The visuals were really typed by hand, one by one on a Commodore 64. No undo function. I think it was something like 50 000 key presses for the whole thing. We made it in a few days, and it was a process with lots of twists and turns, so the music could’ve been better (especially since I did a lot of it at a place like this).

Thanks to Lemming/Offence/FIG for capturing it properly. Not an easy task!

Fågeldisk With Top Secret Software

When I was a kid I started a group called Hack n’ Trade, and now it’s 20 years old. To celebrate this, we made a release disk – FÅGELDISK – with bird-related C64-productions like 20 Years Is Nothing, double and triple SID music by Jellica, burning birds and also some very secret HT-tools and games.

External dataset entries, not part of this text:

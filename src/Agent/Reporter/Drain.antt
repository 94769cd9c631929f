-- ===== src/Agent/Reporter/Drain.antt =====
-- The end of a run's delivery: `drain` and `finish` of internal/agent/reporter.go. Both call `Retry`
-- with the report's own backoff, which is taken out of the report for that time and put back.
use omj_agent.Base.{
  ℕ, zero, suc, String, Bool, true, false, ◌||◌, Option, none, some, List, ◌∷◌, ◌==◌, ◌⊎◌, inl, inr,
  if◌then◌else◌, length,
}
use omj_agent.Protocol.{err_run_finished, err_not_leased}
use omj_agent.Output.Chunk.{Chunk}
use omj_agent.Output.Buffer.{Buffer, next_batch}
use omj_agent.Client.Errors.{ClientError, is_conflict, is_not_found, is_retryable}
use omj_agent.Client.Backoff.{Floats}
use omj_agent.Client.Retry.{RetryResult, done, running, failed, retry}
use omj_agent.Agent.Reporter.{OutputResponse, sent, Report, heartbeat, accept, output_failed}

pub data Ending : Type 0 where
  delivered interrupted out_of_fuel : Ending

-- What `finish` says in the log.
pub data Verdict : Type 0 where
  reported already_reported unknown_run undelivered : Verdict

unfoldable pub verdict_of : RetryResult → Option Verdict
verdict_of running = none
verdict_of done = some reported
verdict_of (failed err) = some (
    if is_conflict err err_run_finished
    then already_reported
    else if is_conflict err err_not_leased || is_not_found err
    then unknown_run
    else undelivered)

abbrev pub is_running : RetryResult → Bool
is_running running = true
is_running done = false
is_running (failed err) = false

module _ (fl : Floats) (run_id : String) (has_process : Bool) where
  -- What the server and the context answer. A round of `drain` has its number, and so has an attempt
  -- in it; `stopped` is whether the context has ended when the round's attempts are over. Before a
  -- round the other runs may have the buffer drop chunks, which `meanwhile` stands for.
  pub record Link : Type 0 where
    pub beat : ℕ → ℕ → ClientError ⊎ Bool
    pub append : ℕ → ℕ → List Chunk → ClientError ⊎ OutputResponse
    pub random : ℕ → ℕ → fl.F
    pub late_random : ℕ → fl.F
    pub sleep : ℕ → ℕ → ℕ → Option ClientError
    pub stopped : ℕ → Bool
    pub meanwhile : ℕ → Buffer → Buffer

  abbrev pub Draining : Type 0
  Draining = Report fl run_id has_process

  -- The function that `drain` gives to `Retry`, from the request on.
  unfoldable pub offer :
      List Chunk → ClientError ⊎ OutputResponse → Draining → Draining × Option ClientError
  offer batch (inl err) p =
      let asked = record p { log = sent batch (inl err) ∷ p.log } in
      (if is_retryable err then record asked { disconnected = true } else asked, some err)
  offer batch (inr response) p = (
    accept fl run_id has_process response
        (record p { log = sent batch (inr response.truncated) ∷ p.log }),
    none,
  )

  -- A heartbeat that failed is the attempt's error.
  unfoldable pub after_beat :
      List Chunk
      → ClientError ⊎ OutputResponse
      → Draining × Option ClientError
      → Draining × Option ClientError
  after_beat batch answer (p, some err) = (p, some err)
  after_beat batch answer (p, none) = offer batch answer p

  unfoldable pub attempt_output :
      Link → ℕ → List Chunk → ℕ → Draining → Draining × Option ClientError
  attempt_output l k batch i p =
      let answer = l.append k i batch in
      if p.disconnected
      then after_beat batch answer (heartbeat fl run_id has_process (l.beat k i) p)
      else offer batch answer p

  -- What `drain` does with the error of `Retry`.
  unfoldable pub settle : fl.F → RetryResult → Draining → Draining
  settle random (failed err) p =
      if p.output_done then p else output_failed fl run_id has_process random err p
  settle random done p = p
  settle random running p = p

  -- The loop of `drain`, with fuel for its rounds and for the attempts of a round.
  unfoldable pub drain : Link → ℕ → ℕ → ℕ → Draining → Draining × Ending
  drain l tries zero k p = (p, out_of_fuel)
  drain l tries (suc fuel) k p =
      let q = record p { buffer = l.meanwhile k p.buffer } in
      let batch = next_batch run_id q.buffer in
      let r = retry fl (l.random k) (attempt_output l k batch) (l.sleep k) tries 0 q.backoff q in
      let q' = record r.state { backoff = r.backoff } in
      let rest = drain l tries fuel (suc k) (settle (l.late_random k) r.result q') in
      if p.output_done
      then (p, delivered)
      else if length batch == 0
      then (q, delivered)
      else if is_running r.result
      then (q', out_of_fuel)
      else if l.stopped k
      then (q', interrupted)
      else rest

  -- `finish`, on the answers of `FinishRun`; none if the attempts run out.
  unfoldable pub finish :
      (ℕ → fl.F)
      → (ℕ → Option ClientError)
      → (ℕ → ℕ → Option ClientError)
      → ℕ
      → Draining
      → Option Verdict
  finish random answer sleep tries p =
      verdict_of (retry fl random (λ i u. (u, answer i)) sleep tries 0 p.backoff tt).result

We made 10 copies and spread it around at the BFP copy party, so we’ll see when it starts to spread around. In the mean time, here’s how it looks:

Dansa In Video

A story with pirates, sloths and sex told completely in text graphics and chipmusic. A blocky and brutal visual aesthetic synchronized with explosives, drunken funk and computer screams. All made in 44 kilobytes, to be executed by a Commodore 64 and its colourful ASCII-alternative called PETSCII.

Shown at UCLA Game Art Festival, competed at the Datastorm demoparty and is available as C64 executable here.

Visuals by Raquel Meyers, audio by Goto80 and coding by Johan Kotlinski.

Shown at Net Artist Music Videos in London (2013), UCLA Game Art, Los Angeles (2013).